-- Aim of the task --
Locate the line that contains "states (noise bytes ∷ items) = states items" in the entries below, then repeat it and every following line through the line that contains "replies [] awaiting = []", exactly, and no others.

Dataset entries
______________________________
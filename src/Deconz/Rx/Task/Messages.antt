-- ===== src/Deconz/Rx/Task/Messages.antt =====
-- What the receiving task makes of a line of responses, told by the responses themselves.
use tophamm.Base.{
  Bool, refl, ◌∙◌, ℕ, ℕ_discrete, ◌≡◌, true, false, List, [], ◌∷◌, ◌++◌, Option, none, some, Bytes,
  All, length, length-append, ◌<◌, arith,
}
use tophamm.Base.Little.{to_le_bytes, length-to_le_bytes}
use tophamm.Outcome.{Build, ok, err}
use tophamm.Deconz.Types.{DeviceState}
use tophamm.Deconz.Errors.{Result, from_slip}
use tophamm.Deconz.Types.{mismatched_crc}
use tophamm.Deconz.Wire.External.{Byteorder}
use tophamm.Deconz.Protocol.Response.{Response, solicited, state_of}
use tophamm.Deconz.Protocol.Response.Encoding.{response_frame, IsResponse}
use tophamm.Deconz.Slip.{crc16}
use tophamm.Deconz.Slip.Reader.{check_and_remove_crc}
use tophamm.Deconz.Slip.Reader.Rounds.{check-to_le_bytes}
use tophamm.Helpers.Awaiting.{lookup, remove}
use tophamm.Helpers.Awaiting.Map.{deregister_lem, remove_missing}
use tophamm.Deconz.Rx.{Pending, handle}
use tophamm.Deconz.Rx.Dispatch.{process_frame_handles}
use tophamm.Deconz.Rx.Task.{task, Served, conclude, react}
use tophamm.Deconz.Rx.Task.Line.{line, tasks, task-tasks, IsFrame}

-- A frame that the line carries: a response, with its sequence number, its status and its checksum,
-- or a frame whose checksum does not match.
pub data Item : Type 0 where
  message : Response → ℕ → ℕ → ℕ → Item
  noise : Bytes → Item

unfoldable pub bytes_of : Item → Bytes
bytes_of (message r sequence_id status crc) =
    response_frame r sequence_id status ++ to_le_bytes 2 crc
bytes_of (noise bytes) = bytes

unfoldable pub frames : List Item → List Bytes
frames [] = []
frames (item ∷ items) = bytes_of item ∷ frames items

abbrev pub IsItem : Build → Item → Type 0
IsItem build (message r sequence_id status crc) =
    IsResponse r × (crc16 build (response_frame r sequence_id status) ≡ ok crc)
IsItem build (noise bytes) =
    (0 < length bytes) × (check_and_remove_crc build bytes ≡ err (from_slip mismatched_crc))

abbrev listed {ℓ} : {A : Type ℓ} → Option A → List A
listed none = []
listed (some a) = a ∷ []

-- The device states of the responses, in order.
unfoldable pub states : List Item → List DeviceState
states [] = []
states (message r sequence_id status crc ∷ items) = listed (state_of r) ++ states items
states (noise bytes ∷ items) = states items

module _ {S : Type 0} where
  -- Each response that answers a request goes to whoever waits for its sequence number then, and
  -- to nobody else; a response that nobody waits for, and a notification, change nothing.
  unfoldable pub replies : List Item → Pending S → List (S × Result Response)
  replies [] awaiting = []
  replies (message r sequence_id status crc ∷ items) awaiting =
      let dropped = replies items awaiting in
      elim (solicited r) [
        | false ↦ dropped
        | true ↦ elim (lookup ℕ_discrete sequence_id awaiting) [
          | none ↦ dropped
          | some sender ↦ (sender, ok r) ∷ replies items (remove ℕ_discrete sequence_id awaiting)
        ]
      ]
  replies (noise bytes ∷ items) awaiting = replies items awaiting

  unfoldable pub waiting_after : List Item → Pending S → Pending S
  waiting_after [] awaiting = awaiting
  waiting_after (message r sequence_id status crc ∷ items) awaiting = elim (solicited r) [
    | false ↦ waiting_after items awaiting
    | true ↦ waiting_after items (remove ℕ_discrete sequence_id awaiting)
  ]
  waiting_after (noise bytes ∷ items) awaiting = waiting_after items awaiting

-- What the task has done with the items, and whether it still runs.
abbrev pub outcome : {S : Type 0} → Bool → List Item → Pending S → Served S
outcome running items awaiting = record {
  running = running;
  awaiting = waiting_after items awaiting;
  broadcasts = states items;
  sent = replies items awaiting;
}

bytes_of-IsFrame : (build : Build) (item : Item) → IsItem build item → IsFrame (bytes_of item)
unfolding bytes_of
bytes_of-IsFrame build (message r q t c) h =
    omega (arith, length-append (response_frame r q t) (to_le_bytes 2 c), length-to_le_bytes 2 c)
bytes_of-IsFrame build (noise bytes) (h, e) = h

pub frames-IsFrame :
    (build : Build) (items : List Item) → All (IsItem build) items → All IsFrame (frames items)
unfolding frames
frames-IsFrame build [] h = tt
frames-IsFrame build (item ∷ items) (h, hs) =
    (bytes_of-IsFrame build item h, frames-IsFrame build items hs)

pub noise_checked :
    (build : Build) (bytes : Bytes)
    → check_and_remove_crc build bytes ≡ err (from_slip mismatched_crc)
    → check_and_remove_crc build (bytes_of (noise bytes)) ≡ err (from_slip mismatched_crc)
unfolding bytes_of
noise_checked build bytes e = e

module _ ⦃bo : Byteorder⦄ {S : Type 0} (build : Build) where
  pub react-message :
      (r : Response) (q t c : ℕ) (awaiting : Pending S)
      → IsItem build (message r q t c)
      → react build (check_and_remove_crc build (bytes_of (message r q t c))) awaiting
        ≡ handle q (ok r) awaiting
  unfolding bytes_of
  react-message r q t c awaiting (h, e) =
      rw (check-to_le_bytes build (response_frame r q t) c e)
        (process_frame_handles build r q t awaiting h)

  pub conclude-handle :
      (running : Bool) (r : Response) (q t c : ℕ) (items : List Item) (awaiting : Pending S)
      → conclude
          (handle q (ok r) awaiting).result
          (handle q (ok r) awaiting)
          (outcome running items (handle q (ok r) awaiting).awaiting)
        ≡ outcome running (message r q t c ∷ items) awaiting
  unfolding handle states replies waiting_after
  conclude-handle running r q t c items awaiting =
      ground (arith, deregister_lem ℕ_discrete q awaiting, remove_missing ℕ_discrete q awaiting)

  tasks-expected :
      (items : List Item) (awaiting : Pending S)
      → All (IsItem build) items
      → tasks build (frames items) awaiting ≡ outcome true items awaiting
  unfolding tasks frames
  tasks-expected [] awaiting h = unfold states replies waiting_after in refl
  tasks-expected (message r q t c ∷ items) awaiting (h, hs) =
      rw
        (
          react-message r q t c awaiting h,
          tasks-expected items (handle q (ok r) awaiting).awaiting hs,
        )
        (conclude-handle true r q t c items awaiting)
  tasks-expected (noise bytes ∷ items) awaiting ((h, e), hs) =
      rw (noise_checked build bytes e, tasks-expected items awaiting hs)
        (unfold states replies waiting_after in refl)

  -- On a line that carries frames between END bytes, escaped throughout, of which some are
  -- well-formed responses with their checksums and the others are not empty and have a checksum
  -- that does not match, the task keeps running: it broadcasts the device states of the responses
  -- in order, hands each response that answers a request to whoever waits for its sequence number
  -- at that point, frees the number, and takes no notice of the others.
  pub task-line :
      (items : List Item) (awaiting : Pending S)
      → All (IsItem build) items
      → task build (line (frames items)) awaiting ≡ record {
        running = true;
        awaiting = waiting_after items awaiting;
        broadcasts = states items;
        sent = replies items awaiting;
      }
  task-line items awaiting h =
      task-tasks build (frames items) awaiting (frames-IsFrame build items h)
      ∙ tasks-expected items awaiting h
______________________________
-- Exercise solution --
states (noise bytes ∷ items) = states items

module _ {S : Type 0} where
  -- Each response that answers a request goes to whoever waits for its sequence number then, and
  -- to nobody else; a response that nobody waits for, and a notification, change nothing.
  unfoldable pub replies : List Item → Pending S → List (S × Result Response)
  replies [] awaiting = []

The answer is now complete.